Il a ajouté : « Le marché est plus grand et plus puissant que la Fed et les dégâts ont déjà été causés, provoquant une récession majeure et un marché baissier avec les hausses de taux et l’inversion de la courbe des rendements. Rappelez-vous que la Fed a réduit ses taux au début des années 2000 et en 2008. Les récessions de 2009 et les marchés baissiers et ils n’ont pas pu les empêcher. »

Les vues de Wolfenbarger dans leur contexte

Les prévisionnistes baissiers ont été contraints de ravaler leurs paroles cette année, l’économie ayant résisté à la hausse des taux d’intérêt.

Les économistes de Bank of America, JPMorgan et Pantheon Macronomics sont tous revenus sur leurs appels à la récession ces derniers mois, avec une inflation et un taux de chômage inférieurs à 4 %, une croissance du PIB toujours forte et la Fed ayant apparemment terminé sa hausse.

Mais la fenêtre d’une issue à la récession reste ouverte. Selon Michael Kantrowitz de Piper Sandler, le nombre de demandes de chômage se situe toujours dans une fourchette normale pendant 12 mois suite à une inversion de la courbe des taux.
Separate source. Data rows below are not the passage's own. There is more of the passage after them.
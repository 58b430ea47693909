-- ===== src/Mm/Frame.antt =====
-- kernel/src/mm/phys/frame.rs: the frame allocator, single frames from the bitmap and larger blocks
-- from the buddy lists. A result of none is a panic.
pub mod Laws
pub mod Tests
use theory_os.Base.{
  ℕ, zero, suc, ◌+◌, ◌-◌, ◌*◌, ◌/◌, ◌^◌, Bool, true, false, List, [], ◌∷◌, Option, none, some,
  replicate, leb, ltb, ◌==◌, if◌then◌else◌, min, max,
}
use theory_os.Base.Bits.{complement}
use theory_os.Mm.Checked.{◌>>=◌}
use theory_os.Mm.Bitmap as Bitmap
use theory_os.Mm.Bitmap.{FrameBitmap, find_free, set_used, set_free, count_free, page_size}
use theory_os.Mm.Buddy as Buddy
use theory_os.Mm.Buddy.{BuddyAllocator, max_order, max_nodes}
use Prim.Native.Nat.{bit_and}

pub record FrameDescriptor : Type 0 where
  pub frame : ℕ
  pub order : ℕ
  pub node : ℕ

abbrev pub page_count : FrameDescriptor → ℕ
page_count d = 2 ^ d.order

pub record PhysicalMemoryStats : Type 0 where
  pub total_frames : ℕ
  pub free_frames : ℕ
  pub free_bytes : ℕ

pub record FrameAllocator : Type 0 where
  pub bitmap : FrameBitmap
  pub buddy : BuddyAllocator
  pub total_frames : ℕ

pub data MemoryKind : Type 0 where
  usable reserved acpi_reclaimable acpi_nvs bad_memory bootloader_reclaimable unknown : MemoryKind

pub record MemoryRegion : Type 0 where
  pub start : ℕ
  pub length : ℕ
  pub kind : MemoryKind

abbrev pub max_bitmap_words : ℕ
max_bitmap_words = 65536

abbrev pub max_buddy_blocks : ℕ
max_buddy_blocks = 8192

abbrev pub is_allocatable : MemoryKind → Bool
is_allocatable usable = true
is_allocatable bootloader_reclaimable = true
is_allocatable acpi_reclaimable = true
is_allocatable other = false

-- `layout::align_up`, on 64 bits.
unfoldable pub align_up : ℕ → ℕ → ℕ
align_up addr align = bit_and (addr + align - 1) (complement 64 (align - 1))

-- The greatest end of a region, `256 MiB` where there is none.
unfoldable pub max_phys : List MemoryRegion → ℕ
max_phys [] = 256 * 1024 * 1024
max_phys (r ∷ []) = r.start + r.length
max_phys (r ∷ s ∷ regions) = max (r.start + r.length) (max_phys (s ∷ regions))

unfoldable pub release : FrameBitmap → ℕ → ℕ → Option FrameBitmap
unfolding set_free
release bitmap frame zero = some bitmap
release bitmap frame (suc n) = do bitmap' ← set_free bitmap frame; release bitmap' (suc frame) n

-- The loop of `new` over the memory map.
unfoldable pub release_regions : FrameBitmap → List MemoryRegion → Option FrameBitmap
unfolding release Bitmap.frame_from_phys
release_regions bitmap [] = some bitmap
release_regions bitmap (r ∷ regions) =
    let start_frame = Bitmap.frame_from_phys r.start in
    let end_frame =
      min (min (start_frame + r.length / page_size) (2 ^ 64 - 1)) bitmap.frame_count in
    elim (is_allocatable r.kind) [
      | false ↦ release_regions bitmap regions
      | true ↦ elim (leb bitmap.frame_count start_frame) [
        | true ↦ release_regions bitmap regions
        | false ↦ do
          bitmap' ← release bitmap start_frame (end_frame - start_frame)
          release_regions bitmap' regions
      ]
    ]

unfoldable pub reserve_kernel : FrameBitmap → ℕ → Option FrameBitmap
unfolding Bitmap.frame_from_phys Bitmap.reserve
reserve_kernel bitmap kernel_base =
    Bitmap.reserve bitmap
      (Bitmap.frame_from_phys (bit_and kernel_base (complement 64 (page_size - 1)))) 4096

-- `new`, for a boot memory map and the kernel's physical base.
unfoldable pub new : List MemoryRegion → ℕ → Option FrameAllocator
unfolding align_up max_phys Bitmap.words_for_frames Bitmap.new Bitmap.mark_all_used reserve_kernel
    release_regions Buddy.new
new memory_map kernel_base =
    let frame_count = align_up (max_phys memory_map) page_size / page_size in
    let words = min (Bitmap.words_for_frames frame_count) max_bitmap_words in
    do
      kept ←
          reserve_kernel (Bitmap.mark_all_used (Bitmap.new (replicate words 0) (words * 64)))
            kernel_base
      bitmap ← release_regions kept memory_map
      some (record {
        bitmap = bitmap;
        buddy = Buddy.new max_buddy_blocks;
        total_frames = bitmap.frame_count;
      })

unfoldable pub stats : FrameAllocator → Option PhysicalMemoryStats
unfolding count_free
stats a = do
  free_frames ← count_free a.bitmap
  some (record {
    total_frames = a.total_frames;
    free_frames = free_frames;
    free_bytes = free_frames * page_size;
  })

-- The `if let Some(frame) = self.bitmap.find_free()` block, which `alloc_one` and `alloc_order` share.
unfoldable pub take_frame : FrameAllocator → ℕ → Option (Option FrameDescriptor × FrameAllocator)
unfolding find_free set_used
take_frame a node = do
  found ← find_free a.bitmap
  elim found [
    | none ↦ some (none, a)
    | some frame ↦ do
      bitmap ← set_used a.bitmap frame
      some (some (record { frame = frame; order = 0; node = node }), record a { bitmap = bitmap })
  ]

-- The call of the buddy lists at the end of `alloc_order`.
unfoldable pub take_block :
    FrameAllocator → ℕ → ℕ → Option (Option FrameDescriptor × FrameAllocator)
unfolding Buddy.alloc
take_block a order node = do
  (found, bitmap, buddy) ← Buddy.alloc a.bitmap a.buddy order (min node (max_nodes - 1))
  let a' : FrameAllocator = record a { bitmap = bitmap; buddy = buddy } in
      elim found [
        | none ↦ some (none, a')
        | some frame ↦ some (some (record { frame = frame; order = order; node = node }), a')
      ]

unfoldable pub alloc_order :
    FrameAllocator → ℕ → ℕ → Option (Option FrameDescriptor × FrameAllocator)
unfolding take_frame take_block
alloc_order a order node =
    if min order max_order == 0
    then (do
      (found, a') ← take_frame a node
      elim found [ none ↦ take_block a' 0 node | some d ↦ some (some d, a') ])
    else take_block a (min order max_order) node

unfoldable pub alloc_one : FrameAllocator → ℕ → Option (Option FrameDescriptor × FrameAllocator)
unfolding take_frame alloc_order
alloc_one a node = do
  (found, a') ← take_frame a node
  elim found [ none ↦ alloc_order a' 0 node | some d ↦ some (some d, a') ]

unfoldable pub free : FrameAllocator → FrameDescriptor → Option FrameAllocator
unfolding set_free Buddy.free
free a desc =
    if desc.order == 0
    then (do bitmap ← set_free a.bitmap desc.frame; some (record a { bitmap = bitmap }))
    else do
      (bitmap, buddy) ←
          Buddy.free a.bitmap a.buddy desc.frame desc.order (min desc.node (max_nodes - 1))
      some (record a { bitmap = bitmap; buddy = buddy })

unfoldable pub reserve : FrameAllocator → ℕ → ℕ → Option FrameAllocator
unfolding Bitmap.frame_from_phys Bitmap.reserve
reserve a start frames = do
  bitmap ← Bitmap.reserve a.bitmap (Bitmap.frame_from_phys start) frames
  some (record a { bitmap = bitmap })

unfoldable pub mark_used : FrameAllocator → ℕ → Option FrameAllocator
unfolding set_used
mark_used a frame = do bitmap ← set_used a.bitmap frame; some (record a { bitmap = bitmap })

unfoldable pub mark_free : FrameAllocator → ℕ → Option FrameAllocator
unfolding set_free
mark_free a frame = do bitmap ← set_free a.bitmap frame; some (record a { bitmap = bitmap })

abbrev pub is_free : FrameAllocator → ℕ → Option Bool
is_free a frame = Bitmap.is_free a.bitmap frame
Voici les chiffres du cycle actuel comparés aux inversions et récessions précédentes.

chômage

Piper Sandler



Outre la courbe des rendements et les indicateurs de l’emploi ci-dessus, d’autres indicateurs de récession continuent de laisser présager un ralentissement à venir. L’une d’elles consiste à renforcer les normes de prêt des banques, tant pour les consommateurs que pour les entreprises.

Voici un graphique d’Albert Edwards de la Société Générale montrant le resserrement des normes de prêt pour les petites entreprises, selon la NFIB. Il se situe à des niveaux généralement observés au début d’une récession.

conditions de crédit

société Générale



Un autre exemple est le nombre croissant de faillites parmi les petites entreprises, illustré ci-dessous dans un autre graphique d’Edwards.

faillites

société Générale



Les défauts de paiement sur cartes de crédit sont également en hausse, signe d’un affaiblissement du consommateur.

défauts de paiement par carte de crédit

Arbre de prêt



Toutefois, aucun de ces indicateurs ne garantit une récession à venir, et les données des mois à venir refléteront la santé de l’économie américaine.

Wolfenbarger a déclaré que le temps moyen nécessaire pour qu’une récession se manifeste après une inversion de la courbe des taux est de 6 à 17 mois. Un an après le début de l’inversion, il a déclaré qu’il s’attendrait à une récession dans les cinq prochains mois. Le temps nous dira si Wolfenbarger ou les haussiers pariant sur un atterrissage en douceur ont raison.

Gn En bus

William Dupuy

Independent political analyst working in this field for 14 years, I analyze political events from a different angle.